Making sure foreign workers are taxed

By: John Carlo Tria

THE reality of the thousands of foreign workers setting up in the country, many doing offshore gaming or Philippine Offshore Gaming Operations (POGO) is upon us.

We see them in malls and in many of our public spaces, use our road systems and infrastructure such as hotels. It’s about time they pay the right taxes as they use many of the same public facilities we use.

Since they make much more than many of our own workers, it is but right that we make sure they are taxed properly.

With this, the Bureau of Internal Revenue (BIR) and the Department of Labor and Employment (DOLE) are jointly developing an interagency database of foreign nationals working in the country. This will make sure that they pay the correct amount of taxes to the government.

In a statement, BIR Commissioner Caesar Dulay reported to DOF Secretary Carlos Dominguez that a draft joint memorandum circular (MC) is being crafted with the DOLE on the issuance of work permits to foreigners to include a provision on setting up the database.
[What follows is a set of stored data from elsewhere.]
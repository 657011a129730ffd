-- ===== src/Nft/Text.antt =====
-- MarshalText of apps/plugins/nft/types.go: the text of tables for the nft program. A map is gone
-- through in the order of its list; Go's order is random.
pub mod Named
use debug_bootstrap.Prelude.{
  ℕ, suc, ◌%◌, ◌≡◌, ◌≢◌, refl, not, ◌&&◌, Option, none, some, List, [], ◌∷◌, ◌++◌, length, Bytes,
  codes, bytes_equal, bytes_eq_iff, ◌==◌, nat_beq, if◌then◌else◌, Bool-cases, inl, inr, All, ◌↔◌,
}
use debug_bootstrap.Prelude.Dict.{Dict}
use debug_bootstrap.Socat.Source.{decimal_int}
use debug_bootstrap.Nft.{Rule, Chain, Table, Nft}

abbrev pub tab : Bytes
tab = 9 ∷ []

abbrev pub newline : Bytes
newline = 10 ∷ []

-- The loop over the elements of a set, from the index i on, up to the last one
unfoldable pub marshal_elements : ℕ → List Bytes → Bytes
marshal_elements i [] = []
marshal_elements i (elem ∷ []) = codes " " ++ elem ++ codes " }" ++ newline
marshal_elements i (elem ∷ next ∷ elems) =
    let rest = marshal_elements (suc i) (next ∷ elems) in
    let line =
      if not (nat_beq i 0) && not (nat_beq (i % 2) 0)
      then newline ++ tab ++ tab ++ codes "            "
      else [] in
    codes " " ++ elem ++ codes "," ++ line ++ rest

-- func (s *Set) marshal
unfoldable pub marshal_set : Bytes → List Bytes → Bytes
unfolding marshal_elements
marshal_set name elements =
    let inside = tab ++ tab ++ codes "elements = {" ++ marshal_elements 0 elements in
    tab
    ++ codes "set "
    ++ name
    ++ codes " {"
    ++ newline
    ++ tab
    ++ tab
    ++ codes "type ipv4_addr"
    ++ newline
    ++ (if nat_beq (length elements) 0 then [] else inside)
    ++ tab
    ++ codes "}"
    ++ newline

unfoldable pub marshal_rules : List Rule → Bytes
marshal_rules [] = []
marshal_rules (r ∷ rs) = tab ++ tab ++ r.body ++ newline ++ marshal_rules rs

-- func (c *Chain) marshal; TypeSkipCreate is the empty type.
unfoldable pub marshal_chain : Bytes → Chain → Bytes
unfolding marshal_rules
marshal_chain name c =
    let head =
      tab
      ++ tab
      ++ codes "type "
      ++ c.kind
      ++ codes " hook "
      ++ c.hook
      ++ codes " priority "
      ++ decimal_int c.priority
      ++ codes "; policy "
      ++ c.policy
      ++ codes ";"
      ++ newline in
    tab
    ++ codes "chain "
    ++ name
    ++ codes " {"
    ++ newline
    ++ (if c.kind == [] then [] else head)
    ++ marshal_rules c.rules
    ++ tab
    ++ codes "}"
    ++ newline

unfoldable pub marshal_sets : Dict Bytes (List Bytes) → Bytes
unfolding marshal_set
marshal_sets [] = []
marshal_sets ((name, elements) ∷ sets) = marshal_set name elements ++ marshal_sets sets

-- What follows, if there was no error
abbrev pub put_front : Bytes → Option Bytes → Option Bytes
put_front front none = none
put_front front (some rest) = some (front ++ rest)

unfoldable pub marshal_chains : Dict Bytes Chain → Option Bytes
unfolding marshal_chain
marshal_chains [] = some []
marshal_chains ((name, c) ∷ chains) =
    if name == [] then none else put_front (marshal_chain name c) (marshal_chains chains)

unfoldable pub close_table : Option Bytes → Option Bytes
close_table none = none
close_table (some body) = some (body ++ codes "}" ++ newline)

-- func (t *Table) marshal
unfoldable pub marshal_table : Bytes → Table → Option Bytes
unfolding marshal_sets marshal_chains close_table
marshal_table name t =
    if t.family == []
    then none
    else close_table (
        put_front
          (codes "table "
            ++ t.family
            ++ codes " "
            ++ name
            ++ codes " {"
            ++ newline
            ++ marshal_sets t.sets)
          (marshal_chains t.chains))

abbrev pub both : Option Bytes → Option Bytes → Option Bytes
both none rest = none
both (some front) rest = put_front front rest

-- func (n Nft) MarshalText; `none` for an error
unfoldable pub marshal_text : Nft → Option Bytes
unfolding marshal_table
marshal_text [] = some []
marshal_text ((name, t) ∷ n) =
    if name == [] then none else both (marshal_table name t) (marshal_text n)
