-- ===== src/Nft/Text/Named.antt =====
-- When MarshalText of apps/plugins/nft/types.go gives a text.
use debug_bootstrap.Prelude.{
  ◌≡◌, ◌≢◌, refl, Option, none, some, [], ◌∷◌, ◌++◌, Bytes, codes, bytes_equal, bytes_eq_iff, ◌==◌,
  Bool-cases, inl, inr, All, ◌↔◌,
}
use debug_bootstrap.Prelude.Dict.{Dict}
use debug_bootstrap.Nft.{Chain, Table, Nft}
use debug_bootstrap.Nft.Text.{
  newline, marshal_chain, marshal_sets, put_front, marshal_chains, close_table, marshal_table, both,
  marshal_text,
}

-- A table that can be written: it and its chains have names, and it has a family.
abbrev pub IsNamed : Bytes × Table → Type 0
IsNamed (name, t) = (name ≢ []) × (t.family ≢ []) × All (λ (c : Bytes × Chain). c.0 ≢ []) t.chains

abbrev Gives : Option Bytes → Type 0
Gives answer = (text : Bytes) × (answer ≡ some text)

put_front-Gives : (front : Bytes) (o : Option Bytes) → Gives (put_front front o) ↔ Gives o
put_front-Gives front none = (λ (t, e). absurd cc, λ (t, e). absurd cc)
put_front-Gives front (some rest) = (λ (t, e). (rest, refl), λ (t, e). (front ++ rest, refl))

both-Gives : (o p : Option Bytes) → Gives (both o p) ↔ (Gives o × Gives p)
both-Gives none p = (λ (t, e). absurd cc, λ (a, b). absurd (cc a.1))
both-Gives (some front) p =
    (λ g. ((front, refl), (put_front-Gives front p).0 g), λ (a, b). (put_front-Gives front p).1 b)

close_table-Gives : (o : Option Bytes) → Gives (close_table o) ↔ Gives o
unfolding close_table
close_table-Gives none = (λ (t, e). absurd cc, λ (t, e). absurd cc)
close_table-Gives (some body) = (λ g. (body, refl), λ g. (_, refl))

marshal_chains-Gives :
    (chains : Dict Bytes Chain)
    → Gives (marshal_chains chains) ↔ All (λ (c : Bytes × Chain). c.0 ≢ []) chains
unfolding marshal_chains
marshal_chains-Gives [] = (λ g. tt, λ all. ([], refl))
marshal_chains-Gives ((name, c) ∷ chains) = elim (Bool-cases (name == [])) [
  | inl e ↦ rw e (λ (t, g). absurd cc, λ (ne, all). absurd (ne ((bytes_eq_iff name []).0 e)))
  | inr e ↦ rw e (
    λ g. (
      λ empty. absurd (cc (e, (bytes_eq_iff name []).1 empty)),
      (marshal_chains-Gives chains).0
          ((put_front-Gives (marshal_chain name c) (marshal_chains chains)).0 g),
    ),
    λ (ne, all).
        (put_front-Gives (marshal_chain name c) (marshal_chains chains)).1
          ((marshal_chains-Gives chains).1 all),
  )
]

marshal_table-Gives :
    (name : Bytes) (t : Table)
    → Gives (marshal_table name t)
      ↔ ((t.family ≢ []) × All (λ (c : Bytes × Chain). c.0 ≢ []) t.chains)
unfolding marshal_table
marshal_table-Gives name t =
    let front =
      codes "table "
      ++ t.family
      ++ codes " "
      ++ name
      ++ codes " {"
      ++ newline
      ++ marshal_sets t.sets in
    let chains = marshal_chains t.chains in
    let (to, from) = marshal_chains-Gives t.chains in
    elim (Bool-cases (t.family == [])) [
      | inl e ↦
          rw (marshal_table, e)
            (λ (x, g). absurd cc, λ (ne, all). absurd (ne ((bytes_eq_iff t.family []).0 e)))
      | inr e ↦
          rw (marshal_table, e)
            (
              λ g. (
                λ empty. absurd (cc (e, (bytes_eq_iff t.family []).1 empty)),
                to (
                    (put_front-Gives front chains).0
                      ((close_table-Gives (put_front front chains)).0 g)),
              ),
              λ (ne, all).
                  (close_table-Gives (put_front front chains)).1
                    ((put_front-Gives front chains).1 (from all)),
            )
    ]

-- MarshalText gives a text, and no error, exactly when each table has a name and a family and each
-- of its chains has a name.
pub marshal_text-IsNamed :
    (n : Nft) → ((text : Bytes) × (marshal_text n ≡ some text)) ↔ All IsNamed n
unfolding marshal_text
marshal_text-IsNamed [] = (λ g. tt, λ all. ([], refl))
marshal_text-IsNamed ((name, t) ∷ n) =
    let (to, from) = marshal_table-Gives name t in
    let (split_up, together) = both-Gives (marshal_table name t) (marshal_text n) in
    elim (Bool-cases (name == [])) [
      | inl e ↦ rw e (λ (x, g). absurd cc, λ (is, all). absurd (is.0 ((bytes_eq_iff name []).0 e)))
      | inr e ↦ rw e (
        λ g.
            let (first, others) = split_up g in
            let (family, chains) = to first in
            (
              (λ empty. absurd (cc (e, (bytes_eq_iff name []).1 empty)), family, chains),
              (marshal_text-IsNamed n).0 others,
            ),
        λ (is, all). together (from (is.1, is.2), (marshal_text-IsNamed n).1 all),
      )
    ]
This will allow effective monitoring of their incomes so that they are properly taxed as their income rises or if they move to other POGO firms.

BIR Commissioner Dulay told Secretary Dominguez during the Execom meeting that the DOLE had invited the BIR to a meeting to discuss the joint MC on the issuance of work permits to foreign nationals. The database will be administered by the DOLE.

Secretary Dominguez for this part said that while the government is currently focusing on POGOs, the BIR’s mission to ensure that taxes are properly collected cover all foreign nationals working in the Philippines. These include many of the engineers and technicians working in our tech industries and construction companies.

This being the case, the BIR has sent out 29 letter-notices to several POGO service providers telling them to remit the taxes due them as withholding agents in the amount of P4.44 billion.

This is a shot in the arm of our revenue generation efforts and will be used to fund our ambitious infrastructure program.

With the removal of withholding taxes for almost 98% of all Filipino taxpayers via the TRAIN Law, the revenue from foreign workers is a welcome addition to our revenue generation efforts, which have been improving over the last two years.

In recent months following the April 15 tax deadline, which have breached all time collection highs and have now benefited from the more timely remittance of dividends from Government owned and Controlled Corporations.

Our Department of Finance deserves some congratulations.